This week’s Sunday matchup takes place at the brand new US Bank Stadium in Minneapolis at 830pm. It’s going to be exciting to see the Vikings finally back in a stadium that they can permanently call home after having played at the University of Minnesota stadium for the past two seasons while their home was being built. This is surely going to be a loud one to renew another season of this always exciting rivalry between two NFC North competitors, with both the Green Bay Packers and Vikings coming off week one wins.
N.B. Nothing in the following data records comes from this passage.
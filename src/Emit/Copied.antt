-- ===== src/Emit/Copied.antt =====
-- What appending a copy does to the output, and copies behind one another.
use csnappy.Common.{
  ℕ, ◌+◌, ◌≤◌, ◌<◌, ◌≡◌, max, arith, sym, ap, ◌∙◌, List, [], ◌++◌, append_assoc, append-nil, length,
  length-append, All, All-append, some,
}
use csnappy.Format.{copy, repeat_back, Expands, done}
use csnappy.Format.Laws.{Expands-append, Expands-one}
use csnappy.Format.Copies.{length-repeat_back, repeat_back-add, apply-copy}
use csnappy.Emit.{Out}
use csnappy.Emit.Literal.{Emitted}

-- What an emitter has done to the output: it appended a block of at most `size` bytes that copies
-- `len` bytes from `offset` back, and wrote nothing past the new end.
pub record Copied (offset len size : ℕ) (out out' : Out) : Type 0 where
  pub chunk : List ℕ
  pub appended : out'.bytes ≡ out.bytes ++ chunk
  pub expands :
      (before after : List ℕ)
      → offset ≤ length before
      → repeat_back len offset before ≡ some after
      → Expands after chunk before
  pub are_bytes : All (λ b. b < 256) chunk
  pub small : length chunk ≤ size
  pub bounded : out'.reach ≤ max out.reach (length out'.bytes)

pub Emitted-Copied :
    (offset len : ℕ) (out out' : Out)
    → 1 ≤ offset
    → Emitted (copy offset len) 3 0 out out'
    → Copied offset len 3 out out'
Emitted-Copied offset len out out' pos e = record {
  chunk = e.chunk;
  appended = e.appended;
  expands = λ before after le r.
      Expands-one (copy offset len) e.spells (apply-copy offset len before pos le ∙ r);
  are_bytes = e.are_bytes;
  small = e.small;
  bounded = omega (arith, e.bounded);
}

-- Two copies behind one another make one copy.
pub Copied-add :
    (offset n m s t : ℕ) (out middle out' : Out)
    → Copied offset n s out middle
    → Copied offset m t middle out'
    → Copied offset (n + m) (s + t) out out'
Copied-add offset n m s t out middle out' a b = record {
  chunk = a.chunk ++ b.chunk;
  appended = b.appended ∙ rw a.appended (append_assoc out.bytes a.chunk b.chunk);
  expands = λ before after le r. both before after le r;
  are_bytes = All-append (λ b. b < 256) a.chunk b.chunk a.are_bytes b.are_bytes;
  small = omega (arith, length-append a.chunk b.chunk, a.small, b.small);
  bounded = omega (
    arith,
    a.bounded,
    b.bounded,
    ap (length {A = ℕ}) b.appended,
    length-append middle.bytes b.chunk,
  );
}
  where
    both :
        (before after : List ℕ)
        → offset ≤ length before
        → repeat_back (n + m) offset before ≡ some after
        → Expands after (a.chunk ++ b.chunk) before
    both before after le r =
        let (mid, front, back) = repeat_back-add n m offset before r in
        Expands-append b.chunk (a.expands before mid le front)
          (b.expands mid after (omega (arith, length-repeat_back n offset before front)) back)

pub Copied-none : (offset : ℕ) (out : Out) → Copied offset 0 0 out out
unfolding repeat_back
Copied-none offset out = record {
  chunk = [];
  appended = sym (append-nil out.bytes);
  expands = λ before after le r. nothing before after r;
  are_bytes = tt;
  small = omega arith;
  bounded = omega arith;
}
  where
    nothing :
        (before after : List ℕ) → repeat_back 0 offset before ≡ some after → Expands after [] before
    nothing before after r = let e : before ≡ after = ground arith in rw e done

pub Copied-le :
    (offset n m s t : ℕ) (out out' : Out)
    → n ≡ m
    → s ≤ t
    → Copied offset n s out out'
    → Copied offset m t out out'
Copied-le offset n m s t out out' e le c = record {
  chunk = c.chunk;
  appended = c.appended;
  expands = λ before after h r. c.expands before after h (rw e r);
  are_bytes = c.are_bytes;
  small = omega (arith, c.small);
  bounded = c.bounded;
}
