-- ===== src/Fragment/Repeats.antt =====
-- A match is a copy: bytes that repeat those `offset` before them are what a copy element appends.
use csnappy.Common.{
  ℕ, zero, suc, ◌+◌, ◌-◌, ◌≤◌, ◌<◌, ◌≡◌, arith, ap, ◌∙◌, List, [], ◌∷◌, ◌++◌, append_assoc, length,
  length-append, length-take, take, get_elem?, some,
}
use native.Mathlib.Nat.{add-zero}
use csnappy.Common.Memory.{get_elem?-append_right, get_elem?-take}
use csnappy.Format.{repeat_back}
use csnappy.Format.Copies.{repeat_back-suc}
use csnappy.Words.Loads.{drop_get}
use csnappy.Match.{Matches}

pub take-suc :
    (input : List ℕ) (n b : ℕ)
    → get_elem? input n ≡ some b
    → take n input ++ (b ∷ []) ≡ take (suc n) input
take-suc [] n b h = cc
take-suc (x ∷ xs) zero b h = ground arith
take-suc (x ∷ xs) (suc n) b h = ap (λ (t : List ℕ). x ∷ t) (take-suc xs n b h)

module _ (prefix input : List ℕ) where
  -- The output before the byte at `ip`: what stood before the block, and the block up to `ip`.
  abbrev upto : ℕ → List ℕ
  upto ip = prefix ++ take ip input

  upto_back :
      (candidate ip : ℕ)
      → candidate < ip
      → ip ≤ length input
      → get_elem? (upto ip) (length (upto ip) - (ip - candidate)) ≡ get_elem? input candidate
  upto_back candidate ip lt le =
      let e : length (upto ip) - (ip - candidate) ≡ length prefix + candidate =
        omega (arith, length-append prefix (take ip input), length-take ip input) in
      rw e (
        get_elem?-append_right prefix (take ip input) candidate
        ∙ get_elem?-take ip candidate input lt)

  -- Copying from the candidate reproduces the block from `ip` on, as far as they match.
  pub repeat_back-Matches :
      (n candidate ip : ℕ)
      → candidate < ip
      → ip + n ≤ length input
      → Matches input candidate ip n
      → repeat_back n (ip - candidate) (upto ip) ≡ some (upto (ip + n))
  unfolding repeat_back
  repeat_back-Matches zero candidate ip lt le m = rw (add-zero ip)
  repeat_back-Matches (suc n) candidate ip lt le m =
      let (b, gb, db) = drop_get input ip (omega arith) in
      repeat_back-suc n (ip - candidate) (upto ip) b
        (upto_back candidate ip lt (omega arith) ∙ m.0 ∙ gb)
      ∙ one_more b gb
          (repeat_back-Matches n (suc candidate) (suc ip) (omega arith) (omega arith) m.1)
    where
      one_more :
          (b : ℕ)
          → get_elem? input ip ≡ some b
          → repeat_back n (suc ip - suc candidate) (upto (suc ip)) ≡ some (upto (suc ip + n))
          → repeat_back n (ip - candidate) (upto ip ++ (b ∷ [])) ≡ some (upto (ip + suc n))
      one_more b gb shifted =
          let e : suc ip - suc candidate ≡ ip - candidate = omega arith in
          let f : suc ip + n ≡ ip + suc n = omega arith in
          rw (append_assoc, take-suc input ip b gb, ← e, ← f) shifted
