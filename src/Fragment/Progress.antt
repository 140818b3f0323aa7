-- ===== src/Fragment/Progress.antt =====
-- How far the output is: what was written for a block expands to the part of it that is done.
use csnappy.Common.{
  ℕ, ◌+◌, ◌-◌, ◌*◌, ◌≤◌, ◌<◌, ◌≡◌, max, arith, sym, ap, ◌∙◌, List, [], ◌++◌, append_assoc,
  append-nil, length, length-append, length-take, take, take-append-slice, All, All-append, some,
}
use csnappy.Words.{part}
use csnappy.Format.{literal, apply, Expands, done}
use csnappy.Format.Laws.{Expands-append, Expands-one}
use csnappy.Format.Copies.{apply-literal}
use csnappy.Emit.{Out}
use csnappy.Emit.Literal.{Emitted, literal_size}
use csnappy.Emit.Copied.{Copied}
use csnappy.Match.{Matches}
use csnappy.Fragment.Repeats.{repeat_back-Matches}

module _ (prefix input : List ℕ) (start : Out) where
  -- `prefix` is the output of the blocks before. A literal may cost `debt` more than its share of 62
  -- bytes for every 61 of the block; the copy behind it pays that back.
  pub record Progress (debt next_emit : ℕ) (out : Out) : Type 0 where
    pub written : List ℕ
    pub appended : out.bytes ≡ start.bytes ++ written
    pub expands : Expands (prefix ++ take next_emit input) written prefix
    pub are_bytes : All (λ b. b < 256) written
    pub small : 61 * length written ≤ 62 * next_emit + debt
    pub bounded : out.reach ≤ max start.reach (length out.bytes + 15)

  pub Progress-start : Progress 0 0 start
  Progress-start = record {
    written = [];
    appended = sym (append-nil start.bytes);
    expands = rw (append-nil prefix) done;
    are_bytes = tt;
    small = omega arith;
    bounded = omega arith;
  }

  literal_debt : (len : ℕ) → 1 ≤ len → len < 65537 → 61 * literal_size len ≤ 62 * len + 61
  unfolding literal_size
  literal_debt len pos lt = ground arith

  pub Progress-literal :
      (next_emit len : ℕ) (out out' : Out)
      → 1 ≤ len
      → len < 65537
      → Progress 0 next_emit out
      → Emitted (literal (part input next_emit len)) (literal_size len) 15 out out'
      → Progress 61 (next_emit + len) out'
  Progress-literal next_emit len out out' pos lt p e = record {
    written = p.written ++ e.chunk;
    appended = e.appended ∙ rw p.appended (append_assoc start.bytes p.written e.chunk);
    expands = Expands-append e.chunk p.expands (Expands-one _ e.spells joined);
    are_bytes = All-append (λ b. b < 256) p.written e.chunk p.are_bytes e.are_bytes;
    small =
        omega (arith, length-append p.written e.chunk, p.small, e.small, literal_debt len pos lt);
    bounded = omega (
      arith,
      p.bounded,
      e.bounded,
      ap (length {A = ℕ}) e.appended,
      length-append out.bytes e.chunk,
    );
  }
    where
      joined :
          apply (literal (part input next_emit len)) (prefix ++ take next_emit input)
          ≡ some (prefix ++ take (next_emit + len) input)
      joined =
          apply-literal _ _
          ∙ ap (λ (t : List ℕ). some t)
              (append_assoc prefix _ _
                ∙ ap (λ (t : List ℕ). prefix ++ t) (take-append-slice next_emit len input))

  pub Progress-copy :
      (ip candidate n : ℕ) (out out' : Out)
      → candidate < ip
      → 4 ≤ n
      → ip + n ≤ length input
      → Matches input candidate ip n
      → Progress 61 ip out
      → Copied (ip - candidate) n (n - 1) out out'
      → Progress 0 (ip + n) out'
  Progress-copy ip candidate n out out' lt four le m p c = record {
    written = p.written ++ c.chunk;
    appended = c.appended ∙ rw p.appended (append_assoc start.bytes p.written c.chunk);
    expands = Expands-append c.chunk p.expands (
        c.expands _ _ (omega (arith, length-append prefix (take ip input), length-take ip input))
          (repeat_back-Matches prefix input n candidate ip lt le m));
    are_bytes = All-append (λ b. b < 256) p.written c.chunk p.are_bytes c.are_bytes;
    small = omega (arith, length-append p.written c.chunk, p.small, c.small);
    bounded = omega (
      arith,
      p.bounded,
      c.bounded,
      ap (length {A = ℕ}) c.appended,
      length-append out.bytes c.chunk,
    );
  }

  pub Progress-at :
      (debt : ℕ) {n k : ℕ} (out : Out) → n ≡ k → Progress debt n out → Progress debt k out
  Progress-at debt out e p = rw (← e) p

  -- A block without a literal in front of a copy is no debt either.
  pub Progress-more :
      (next_emit : ℕ) (out : Out) → Progress 0 next_emit out → Progress 61 next_emit out
  Progress-more next_emit out p = record {
    written = p.written;
    appended = p.appended;
    expands = p.expands;
    are_bytes = p.are_bytes;
    small = omega (arith, p.small);
    bounded = p.bounded;
  }
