-- ===== src/Match/Laws.antt =====
-- Matching bytes and equal words.
use csnappy.Common.{
  ℕ, zero, suc, ◌+◌, ◌≤◌, ◌<◌, ◌≡◌, arith, refl, sym, ap, ◌∙◌, List, ◌∷◌, length, take, drop, All,
  some,
}
use csnappy.Words.{part, le_value, load32}
use csnappy.Words.Loads.{drop_get, length-part, part-IsByte, le_value-injective, load32_lem}
use csnappy.Match.{Matches}

pub Matches-of_part :
    (input : List ℕ) (n s1 s2 : ℕ)
    → s1 + n ≤ length input
    → s2 + n ≤ length input
    → part input s1 n ≡ part input s2 n
    → Matches input s1 s2 n
Matches-of_part input zero s1 s2 h1 h2 e = tt
Matches-of_part input (suc n) s1 s2 h1 h2 e =
    let (a, ga, da) = drop_get input s1 (omega arith) in
    let (b, gb, db) = drop_get input s2 (omega arith) in
    (
      cc (parts a b da db),
      Matches-of_part input n (suc s1) (suc s2) (omega arith) (omega arith) (cc (parts a b da db)),
    )
  where
    parts :
        (a b : ℕ)
        → drop s1 input ≡ a ∷ drop (suc s1) input
        → drop s2 input ≡ b ∷ drop (suc s2) input
        → ◌≡◌ {A = List ℕ} (a ∷ part input (suc s1) n) (b ∷ part input (suc s2) n)
    parts a b da db = sym (ap (take (suc n)) da) ∙ e ∙ ap (take (suc n)) db

-- Words with the same value hold the same bytes.
pub Matches-of_value :
    (input : List ℕ) (n s1 s2 : ℕ)
    → s1 + n ≤ length input
    → s2 + n ≤ length input
    → All (λ b. b < 256) input
    → le_value (part input s1 n) ≡ le_value (part input s2 n)
    → Matches input s1 s2 n
Matches-of_value input n s1 s2 h1 h2 bytes e = Matches-of_part input n s1 s2 h1 h2 (
    le_value-injective _ _ (part-IsByte input s1 n bytes) (part-IsByte input s2 n bytes)
      (length-part input s1 n h1 ∙ sym (length-part input s2 n h2)) e)

-- Equal words hold the same bytes.
pub Matches-of_load32 :
    (input : List ℕ) (s1 s2 v : ℕ)
    → s1 + 4 ≤ length input
    → s2 + 4 ≤ length input
    → All (λ b. b < 256) input
    → load32 input s1 ≡ some v
    → load32 input s2 ≡ some v
    → Matches input s1 s2 4
Matches-of_load32 input s1 s2 v h1 h2 bytes e1 e2 = Matches-of_part input 4 s1 s2 h1 h2 (
    le_value-injective _ _ (part-IsByte input s1 4 bytes) (part-IsByte input s2 4 bytes)
      (length-part input s1 4 h1 ∙ sym (length-part input s2 4 h2))
      (cc (load32_lem input s1 h1, load32_lem input s2 h2)))

pub Matches-at :
    (input : List ℕ) {s1 s2 n t1 t2 m : ℕ}
    → s1 ≡ t1
    → s2 ≡ t2
    → n ≡ m
    → Matches input s1 s2 n
    → Matches input t1 t2 m
Matches-at input p q r h = rw (← p, ← q, ← r) h

-- Matches behind one another.
pub Matches-add :
    (input : List ℕ) (n m s1 s2 : ℕ)
    → Matches input s1 s2 n
    → Matches input (s1 + n) (s2 + n) m
    → Matches input s1 s2 (n + m)
Matches-add input zero m s1 s2 a b =
    Matches-at input {n = m} (omega arith) (omega arith) (omega arith) b
Matches-add input (suc n) m s1 s2 a b =
    Matches-at input {s1 = s1} {s2 = s2} {n = suc (n + m)} refl refl (omega arith) (
      a.0,
      Matches-add input n m (suc s1) (suc s2) a.1
          (Matches-at input {n = m} (omega arith) (omega arith) refl b),
    )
For this week’s game in Minnesota we’ve recreated one of the most popular dishes enjoyed by residents of Minnesota for the past 80+ years, the Hotdish…
This ubiquitous ultimate comfort food is one that you can easily find throughout the state of Minnesota, both at home kitchens and at community gatherings. It’s now so woven into the fabric of Minnesota’s social identity that yearly Hotdish competitions can be found throughout the year, and every family has a personal recipe passed down through several generations. The original versions of this dish were conceived by housewives in the 1930s who found the economics of combining canned vegetables with a protein and starch to be a more convenient way to serve their large families on a budget. Here is a classic recipe for Hotdish, although almost any vegetable, protein or starch can be substituted to make an enormous range of delicious Hotdishes.
- 2 T Olive Oil or Butter
- 1 Medium Yellow Onion, chopped
- 8oz Sliced Mushrooms
- 1 T Minced Garlic
- Salt and Pepper
- 1 Lb Ground Beef (80/20 blend)
- 1 Can Sweet Corn, drained
- 1 Can Cut Green Beans, drained
- 2 10oz Cans Cream of Mushroom Soup
- 16oz Frozen Tater Tots (or more if needed to cover surface)
- 1 C Shredded Cheddar Cheese
Preheat oven to 350 degrees. Bring olive oil or butter to medium heat in a large skillet. Add onion and cook for 5-6 minutes, stirring occasionally. Add mushrooms and cook until tender. Add minced garlic and toss for 2 minutes before removing skillet from heat. Season with salt and pepper to taste and transfer to a medium bowl. Add uncooked beef to the skillet and bring to medium heat. Using a spoon or spatula break apart the clumps of meat and stir frequently just until the meat is browned but not overcooked. Drain the meat and spread evenly over the bottom of a 9X13 casserole dish. Distribute the onion/mushroom mixture evenly over top. Combine the corn and beans into your medium bowl, adding about 1 tsp Salt and ¼ tsp black pepper to taste (it’s always important to season all of your cooking components separately for even distribution of flavors). Transfer the corn/bean mixture into the dish and spread evenly to cover. Spoon the cream of mushroom over the vegetables and cover evenly. Top with one layer of tater tots to finish the build. Place (uncovered) into the oven and cook for 45 minutes. Remove Hotdish from oven, sprinkle cheddar cheese on top and cook for an additional 15-20 minutes.